» YOUR TASK: Below are the records; copy exactly the stretch from the line containing "bits scale - 1" through the line containing "ring j ≡ col)", both ends included, and nothing else.

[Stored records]
-- ===== src/GeoIndex/Spread.antt =====
-- Every cell that can hold a position within the radius is among those that the scan visits
-- (core/src/geo/geohash-index.ts).
use ride_location_tracking_e.Common.{
  ℕ, suc, ◌+◌, ◌-◌, ◌*◌, ◌/◌, ◌%◌, ◌^◌, ◌≡◌, ◌≤◌, ◌<◌, sym, ap, ◌∙◌, some, leb, Bool-cases, inl,
  inr, arith, min,
}
use native.Mathlib.Nat.{
  mod-eq_of_lt, add-mod_right, le-div_iff_mul-le, mul-le-mul, mul-pos, one-le-pow,
}
use ride_location_tracking_e.Common.Int.{pos, negsuc, pos_part, ◌+ℤ◌, ◌-ℤ◌}
use ride_location_tracking_e.Common.Map
use ride_location_tracking_e.Domain.{LatLng}
use ride_location_tracking_e.Geohash.{GridCell, bit_split, cell_of, js_rem, meters_per_degree_lat}
use ride_location_tracking_e.Geohash.Cells.{cell_of-IsOnGrid}
use ride_location_tracking_e.GeoIndex.{GeohashIndex}
use ride_location_tracking_e.GeoIndex.Search.{
  cell_size_meters, min_cell_dim, ring_count, col_at, col_count,
}
use ride_location_tracking_e.GeoIndex.Candidates.{IsScanned, col_at-east}

abbrev pub gap : ℕ → ℕ → ℕ
gap a b = a - b + (b - a)

-- How many columns two columns are apart, the shorter way around the globe.
abbrev pub gap_around : ℕ → ℕ → ℕ → ℕ
gap_around count a b = min (gap a b) (count - gap a b)

below_zero : (a b : ℕ) → a < b → pos a -ℤ pos b ≡ negsuc (b - a - 1)
unfolding ◌-ℤ◌
below_zero a b h = ground (arith, h)

from_zero : (a b : ℕ) → b ≤ a → pos a -ℤ pos b ≡ pos (a - b)
unfolding ◌-ℤ◌
from_zero a b h = ground (arith, h)

wrapped : (k count : ℕ) → k < count → pos_part (pos 0 -ℤ pos k +ℤ pos count) ≡ count - k
unfolding ◌-ℤ◌ ◌+ℤ◌
wrapped k count h = ground (arith, h)

unwrapped : (k count : ℕ) → pos_part (pos k +ℤ pos count) ≡ k + count
unfolding ◌+ℤ◌
unwrapped k count = ground arith

module _ (unit bits scale : ℕ) where
  -- A column at most `ring` to the west, on the same side of the date line.
  col_at-west :
      (center : GridCell) (ring west : ℕ)
      → west ≤ ring
      → west ≤ center.col
      → center.col < col_count unit bits scale
      → col_at unit bits scale center ring (ring - west) ≡ center.col - west
  unfolding col_at js_rem
  col_at-west center ring west h k on =
      let count = col_count unit bits scale in
      let small : center.col - west < count = omega (arith, on) in
      let here : pos (center.col + (ring - west)) -ℤ pos ring ≡ pos (center.col - west) =
        from_zero (center.col + (ring - west)) ring (omega arith) ∙ ap (λ n. pos n) (omega arith) in
      rw (here, js_rem, mod-eq_of_lt small, unwrapped (center.col - west) count)
        (add-mod_right (center.col - west) count ∙ mod-eq_of_lt small)

  -- And across it.
  col_at-across :
      (center : GridCell) (ring west : ℕ)
      → west ≤ ring
      → center.col < west
      → west ≤ col_count unit bits scale - 1
      → col_at unit bits scale center ring (ring - west)
        ≡ center.col + col_count unit bits scale - west
  unfolding col_at js_rem
  col_at-across center ring west h k on =
      let count = col_count unit bits scale in
      let back = west - center.col in
      let offset : suc (ring - (center.col + (ring - west)) - 1) ≡ back = omega arith in
      let below : back < count = omega (arith, k, on) in
      let small : count - back < count = omega (arith, k, below) in
      rw
        (
          below_zero (center.col + (ring - west)) ring (omega arith),
          js_rem,
          offset,
          mod-eq_of_lt below,
          wrapped back count below,
        )
        (mod-eq_of_lt small ∙ omega (arith, k, below))

  -- The scan visits every column within the rings, whichever way around is the shorter.
  near_col :
      (center : GridCell) (ring col : ℕ)
      → center.col < col_count unit bits scale
      → col < col_count unit bits scale
      → gap_around (col_count unit bits scale) center.col col ≤ ring
      → (j : ℕ) × (j ≤ 2 * ring) × (col_at unit bits scale center ring j ≡ col)
  near_col center ring col on there near =
      let count = col_count unit bits scale in
      let g = gap center.col col in
      elim (Bool-cases (leb g (count - g))) [
        | inl direct ↦ elim (Bool-cases (leb center.col col)) [
          | inl e ↦ (
            ring + g,
            ground (arith, direct, e, near),
            col_at-east unit bits scale center ring g
                ∙ ap (λ n. n % count) (ground (arith, e))
                ∙ mod-eq_of_lt there,
          )
          | inr e ↦ (
            ring - g,
            omega arith,
            col_at-west center ring g (ground (arith, direct, near)) (ground (arith, e)) on
                ∙ ground (arith, e),
          )
        ]
        | inr across ↦ elim (Bool-cases (leb center.col col)) [
          | inl e ↦ (
            ring - (count - g),
            omega arith,
            col_at-across center ring (count - g) (ground (arith, across, near))
                  (ground (arith, e, on, there)) (ground (arith, e, across, on, there))
                ∙ ground (arith, e, on, there),
          )
          | inr e ↦ (
            ring + (count - g),
            ground (arith, across, e, near),
            col_at-east unit bits scale center ring (count - g)
                ∙ ap (λ n. n % count) (ground (arith, e, on, there))
                ∙ add-mod_right col count
                ∙ mod-eq_of_lt there,
          )
        ]
      ]

  module _ (cos : LatLng → ℕ) (distance : LatLng → LatLng → ℕ) where
    -- A position whose cell is some rows or columns from the center's is at least all but one of them away; the
    -- columns are as wide as at the center.
    pub record IsFarApart (center p : LatLng) : Type 0 where
      pub rows :
          (gap (cell_of unit center bits).row (cell_of unit p bits).row - 1)
            * (cell_size_meters unit bits scale (cos center)).lat_meters
          ≤ distance center p
      pub cols :
          (gap_around
                (col_count unit bits scale)
                (cell_of unit center bits).col
                (cell_of unit p bits).col
              - 1)
            * (cell_size_meters unit bits scale (cos center)).lng_meters
          ≤ distance center p

    -- So it is for every position of the index within reach.
    abbrev pub IsSpread : GeohashIndex → LatLng → ℕ → Type 0
    IsSpread index center reach =
        (id : ℕ) (p : LatLng)
        → Map.get index.positions id ≡ some p
        → distance center p ≤ reach
        → IsFarApart center p

    some_dim : (c : ℕ) → 0 < scale → 0 < min_cell_dim unit bits scale c
    unfolding cell_size_meters
    some_dim c h =
        let wide : 0 < 2 ^ ((bit_split bits).lng_bits - (bit_split bits).lat_bits) =
          one-le-pow ((bit_split bits).lng_bits - (bit_split bits).lat_bits) 2 (omega arith) in
        let high : 0 < (cell_size_meters unit bits scale c).lat_meters =
          mul-pos {m = 180 * meters_per_degree_lat * (1000000 * scale)}
            {n = 2 ^ ((bit_split bits).lng_bits - (bit_split bits).lat_bits)} (omega (arith, h))
            wide in
        let broad : 0 < (cell_size_meters unit bits scale c).lng_meters = ground (arith, h) in
        ground (arith, high, broad)

    -- So many cells lie within the rings if all but one fit in the radius.
    in_rings :
        (c radius n size : ℕ)
        → 0 < scale
        → min_cell_dim unit bits scale c ≤ size
        → (n - 1) * size ≤ radius
        → n ≤ ring_count unit bits scale c radius
    unfolding ring_count
    in_rings c radius n size h small fits =
        let dim = min_cell_dim unit bits scale c in
        let positive = some_dim c h in
        let fits' : (n - 1) * dim ≤ radius + dim - 1 = omega (
          arith,
          mul-le-mul {n₁ = n - 1} {m₁ = dim} {n₂ = n - 1} {m₂ = size} (omega arith) small,
          fits,
          positive,
        ) in
        let k : n - 1 ≤ (radius + dim - 1) / dim = (le-div_iff_mul-le positive).1 fits' in
        ground (arith, k)

    pub IsFarApart-IsScanned :
        (center p : LatLng) (radius : ℕ)
        → 0 < scale
        → distance center p ≤ radius
        → IsFarApart center p
        → IsScanned unit bits scale
            (cell_of unit center bits)
            (ring_count unit bits scale (cos center) radius)
            (cell_of unit p bits)
    IsFarApart-IsScanned center p radius h near far =
        let c = cell_of unit center bits in
        let q = cell_of unit p bits in
        let ring = ring_count unit bits scale (cos center) radius in
        let size = cell_size_meters unit bits scale (cos center) in
        let dim = min_cell_dim unit bits scale (cos center) in
        let rows : gap c.row q.row ≤ ring =
          in_rings (cos center) radius (gap c.row q.row) size.lat_meters h (ground arith)
            (omega (arith, far.rows, near)) in
        let cols : gap_around (col_count unit bits scale) c.col q.col ≤ ring =
          in_rings (cos center) radius (gap_around (col_count unit bits scale) c.col q.col)
            size.lng_meters h (ground arith) (omega (arith, far.cols, near)) in
        let on = cell_of-IsOnGrid unit p bits in
        let j = near_col c ring q.col (cell_of-IsOnGrid unit center bits).1 on.1 cols in
        let level : c.row + (q.row + ring - c.row) - ring ≡ q.row = omega (arith, rows) in
        record {
          row_offset = q.row + ring - c.row;
          col_offset = j.0;
          row_near = omega (arith, rows);
          col_near = j.1;
          on_grid = ground (arith, rows, on.0);
          there = λ i. record { row = sym level i; col = sym j.2 i };
        }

» WRITTEN REPLY:
      → west ≤ col_count unit bits scale - 1
      → col_at unit bits scale center ring (ring - west)
        ≡ center.col + col_count unit bits scale - west
  unfolding col_at js_rem
  col_at-across center ring west h k on =
      let count = col_count unit bits scale in
      let back = west - center.col in
      let offset : suc (ring - (center.col + (ring - west)) - 1) ≡ back = omega arith in
      let below : back < count = omega (arith, k, on) in
      let small : count - back < count = omega (arith, k, below) in
      rw
        (
          below_zero (center.col + (ring - west)) ring (omega arith),
          js_rem,
          offset,
          mod-eq_of_lt below,
          wrapped back count below,
        )
        (mod-eq_of_lt small ∙ omega (arith, k, below))

  -- The scan visits every column within the rings, whichever way around is the shorter.
  near_col :
      (center : GridCell) (ring col : ℕ)
      → center.col < col_count unit bits scale
      → col < col_count unit bits scale
      → gap_around (col_count unit bits scale) center.col col ≤ ring
      → (j : ℕ) × (j ≤ 2 * ring) × (col_at unit bits scale center ring j ≡ col)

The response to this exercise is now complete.